TASK DIRECTIONS -
Retype exactly the lines below, beginning with the first and ending with the line where "length-zero_padded : (w" appears.

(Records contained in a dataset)
┄┄┄┄┄┄┄┄┄┄┄┄┄┄┄┄┄┄┄┄
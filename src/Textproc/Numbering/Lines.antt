-- ===== src/Textproc/Numbering/Lines.antt =====
-- What nl and cat write where all lines are numbered or none, and the width of a number.
use mimixbox.Prelude.{
  ℕ, zero, suc, ◌-◌, ◌≤◌, ◌≡◌, refl, ◌∙◌, ap, Bool-cases, inl, inr, true, false, List, [], ◌∷◌,
  ◌++◌, arith, ltb, ◌==◌, if◌then◌else◌, max, Bytes, length, length-append,
}
use mimixbox.Golang.Int.{ℤ, pos, negsuc, ◌+ℤ◌, wrap}
use mimixbox.Golang.Strconv.{format_nat, itoa}
use mimixbox.Textproc.Records.{read_string}
use mimixbox.Textproc.Records.HeadTail.{
  records_in, all_records, read_string-append, read_string-shorter,
}
use mimixbox.Textproc.Numbering.{
  Numberer, number_none, number_all, NumberJustify, justify_right, justify_right_zero, justify_left,
  Place, section_body, numbered, style_for, numbered_by, is_blank, repeat, format, format_by,
  zero_padded, max_width, run_with, emit_line, body_and_end, line_or_section, write_chunk,
  write_loop, write_to,
}

length-repeat : (c k : ℕ) → length (repeat c k) ≡ k
unfolding repeat
length-repeat c zero = refl
length-repeat c (suc k) = omega (arith, length-repeat c k)

length-zero_padded : (w : ℕ) (num : ℤ) → length (zero_padded w num) ≡ max w (length (itoa num))
unfolding zero_padded itoa
length-zero_padded w (pos a) = omega (
  arith,
  length-append (repeat b'0' (w - length (format_nat a))) (format_nat a),
  length-repeat b'0' (w - length (format_nat a)),
)
length-zero_padded w (negsuc a) = omega (
  arith,
  length-append (repeat b'0' (w - suc (length (format_nat (suc a))))) (format_nat (suc a)),
  length-repeat b'0' (w - suc (length (format_nat (suc a)))),
)

length-format_by :
    (j : NumberJustify) (w : ℕ) (num : ℤ) → length (format_by j w num) ≡ max w (length (itoa num))
unfolding format_by
length-format_by justify_right_zero w num = length-zero_padded w num
length-format_by justify_left w num = omega (
  arith,
  length-append (itoa num) (repeat b' ' (w - length (itoa num))),
  length-repeat b' ' (w - length (itoa num)),
)
length-format_by justify_right w num = omega (
  arith,
  length-append (repeat b' ' (w - length (itoa num))) (itoa num),
  length-repeat b' ' (w - length (itoa num)),
)

-- With a width that `fmt` takes, up to 1,000,000, a number fills its field, or overflows it where it
-- is longer, in all three styles.
pub length-format :
    (n : Numberer) (num : ℤ)
    → n.width ≤ max_width
    → length (format n num) ≡ max n.width (length (itoa num))
unfolding format
length-format n num h =
    let narrow : ltb max_width n.width ≡ false = ground arith in
    rw narrow (length-format_by n.justify n.width num)

body_and_end-append : (s : Bytes) → (body_and_end s).0 ++ (body_and_end s).1 ≡ s
unfolding body_and_end
body_and_end-append [] = refl
body_and_end-append (c ∷ []) = elim (Bool-cases (c == b'\n')) [
  | inl h ↦ rw h refl
  | inr h ↦ rw h refl
]
body_and_end-append (c ∷ d ∷ s) = ap (λ r. c ∷ r) (body_and_end-append (d ∷ s))

-- The lines, each behind its number and the separator.
unfoldable pub labelled : Numberer → ℤ → List Bytes → Bytes
labelled n num [] = []
labelled n num (r ∷ records) =
    (format n num ++ (n.separator ++ r)) ++ labelled n (wrap (num +ℤ n.increment)) records

module _ (n : Numberer) (unsectioned : n.sections ≡ false) where
  write_chunk-emit :
      (chunk : Bytes) (p : Place)
      → write_chunk n chunk p ≡ emit_line n (body_and_end chunk).0 (body_and_end chunk).1 p
  unfolding write_chunk line_or_section
  write_chunk-emit chunk p = rw unsectioned refl

  module _ (all : n.style ≡ number_all) (apart : n.join_blank_lines ≤ 1) where
    numbered-all : (body : Bytes) (k : ℕ) → numbered n body section_body k ≡ true
    unfolding numbered style_for numbered_by
    numbered-all body k = rw all (ground arith)

    emit_line-all :
        (body nl : Bytes) (num : ℤ) (k : ℕ)
        → emit_line n body nl (record { num = num; cur = section_body; blank_run = k }) ≡ (
          format n num ++ (n.separator ++ (body ++ nl)),
          record {
            num = wrap (num +ℤ n.increment);
            cur = section_body;
            blank_run = if is_blank body then 0 else run_with body k;
          },
        )
    unfolding emit_line
    emit_line-all body nl num k = rw (numbered-all body (run_with body k)) refl

    write_loop-all :
        (rounds : ℕ) (s : Bytes) (num : ℤ) (k : ℕ)
        → write_loop rounds n (record { num = num; cur = section_body; blank_run = k }) s
          ≡ labelled n num (records_in rounds b'\n' s)
    unfolding write_loop labelled records_in
    write_loop-all zero [] num k = refl
    write_loop-all (suc rounds) [] num k = refl
    write_loop-all zero (c ∷ s) num k = refl
    write_loop-all (suc rounds) (c ∷ s) num k =
        ap (λ w. w.0 ++ write_loop rounds n w.1 (read_string b'\n' (c ∷ s)).1)
          (write_chunk-emit chunk (record { num = num; cur = section_body; blank_run = k })
            ∙ emit_line-all (body_and_end chunk).0 (body_and_end chunk).1 num k)
        ∙ ap
            (λ t.
              (format n num ++ (n.separator ++ t))
              ++ write_loop rounds n
                  (record { num = wrap (num +ℤ n.increment); cur = section_body; blank_run = next })
                  (read_string b'\n' (c ∷ s)).1)
            (body_and_end-append chunk)
        ∙ ap (λ r. (format n num ++ (n.separator ++ chunk)) ++ r)
            (write_loop-all rounds (read_string b'\n' (c ∷ s)).1 (wrap (num +ℤ n.increment)) next)
      where
        chunk : Bytes
        chunk = (read_string b'\n' (c ∷ s)).0

        next : ℕ
        next = if is_blank (body_and_end chunk).0 then 0 else run_with (body_and_end chunk).0 k

  module _ (bare : n.style ≡ number_none) (unpadded : n.pad_blank ≡ false) where
    numbered-none : (body : Bytes) (k : ℕ) → numbered n body section_body k ≡ false
    unfolding numbered style_for numbered_by
    numbered-none body k = rw bare refl

    emit_line-none :
        (body nl : Bytes) (num : ℤ) (k : ℕ)
        → emit_line n body nl (record { num = num; cur = section_body; blank_run = k })
          ≡ (body ++ nl, record { num = num; cur = section_body; blank_run = run_with body k })
    unfolding emit_line
    emit_line-none body nl num k = rw (numbered-none body (run_with body k), unpadded) refl

    write_loop-none :
        (rounds : ℕ) (s : Bytes) (num : ℤ) (k : ℕ)
        → length s ≤ rounds
        → write_loop rounds n (record { num = num; cur = section_body; blank_run = k }) s ≡ s
    unfolding write_loop
    write_loop-none zero [] num k h = refl
    write_loop-none (suc rounds) [] num k h = refl
    write_loop-none zero (c ∷ s) num k h = absurd (omega arith)
    write_loop-none (suc rounds) (c ∷ s) num k h =
        ap (λ w. w.0 ++ write_loop rounds n w.1 (read_string b'\n' (c ∷ s)).1)
          (write_chunk-emit chunk (record { num = num; cur = section_body; blank_run = k })
            ∙ emit_line-none (body_and_end chunk).0 (body_and_end chunk).1 num k)
        ∙ ap (λ r. ((body_and_end chunk).0 ++ (body_and_end chunk).1) ++ r)
            (write_loop-none rounds (read_string b'\n' (c ∷ s)).1 num
              (run_with (body_and_end chunk).0 k) (omega (arith, read_string-shorter b'\n' c s)))
        ∙ ap (λ t. t ++ (read_string b'\n' (c ∷ s)).1) (body_and_end-append chunk)
        ∙ read_string-append b'\n' (c ∷ s)
      where
        chunk : Bytes
        chunk = (read_string b'\n' (c ∷ s)).0

-- With all lines numbered, no sections and no joined blank lines, each line stands behind its
-- number and the separator, and the numbers go up by the increment.
pub write_to-labelled :
    (n : Numberer) (s : Bytes)
    → n.sections ≡ false
    → n.style ≡ number_all
    → n.join_blank_lines ≤ 1
    → write_to n s ≡ labelled n n.start (all_records b'\n' s)
unfolding write_to all_records
write_to-labelled n s unsectioned all apart =
    write_loop-all n unsectioned all apart (length s) s n.start 0

-- With no line numbered, no sections and no padding, the text is copied.
pub write_to-unnumbered :
    (n : Numberer) (s : Bytes)
    → n.sections ≡ false
    → n.style ≡ number_none
    → n.pad_blank ≡ false
    → write_to n s ≡ s
unfolding write_to
write_to-unnumbered n s unsectioned bare unpadded =
    write_loop-none n unsectioned bare unpadded (length s) s n.start 0 (omega arith)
┄┄┄┄┄┄┄┄┄┄┄┄┄┄┄┄┄┄┄┄
RESPONSE -
filename src/Textproc/Numbering/Lines.antt
-- ===== src/Textproc/Numbering/Lines.antt =====
-- What nl and cat write where all lines are numbered or none, and the width of a number.
use mimixbox.Prelude.{
  ℕ, zero, suc, ◌-◌, ◌≤◌, ◌≡◌, refl, ◌∙◌, ap, Bool-cases, inl, inr, true, false, List, [], ◌∷◌,
  ◌++◌, arith, ltb, ◌==◌, if◌then◌else◌, max, Bytes, length, length-append,
}
use mimixbox.Golang.Int.{ℤ, pos, negsuc, ◌+ℤ◌, wrap}
use mimixbox.Golang.Strconv.{format_nat, itoa}
use mimixbox.Textproc.Records.{read_string}
use mimixbox.Textproc.Records.HeadTail.{
  records_in, all_records, read_string-append, read_string-shorter,
}
use mimixbox.Textproc.Numbering.{
  Numberer, number_none, number_all, NumberJustify, justify_right, justify_right_zero, justify_left,
  Place, section_body, numbered, style_for, numbered_by, is_blank, repeat, format, format_by,
  zero_padded, max_width, run_with, emit_line, body_and_end, line_or_section, write_chunk,
  write_loop, write_to,
}

length-repeat : (c k : ℕ) → length (repeat c k) ≡ k
unfolding repeat
length-repeat c zero = refl
length-repeat c (suc k) = omega (arith, length-repeat c k)

length-zero_padded : (w : ℕ) (num : ℤ) → length (zero_padded w num) ≡ max w (length (itoa num))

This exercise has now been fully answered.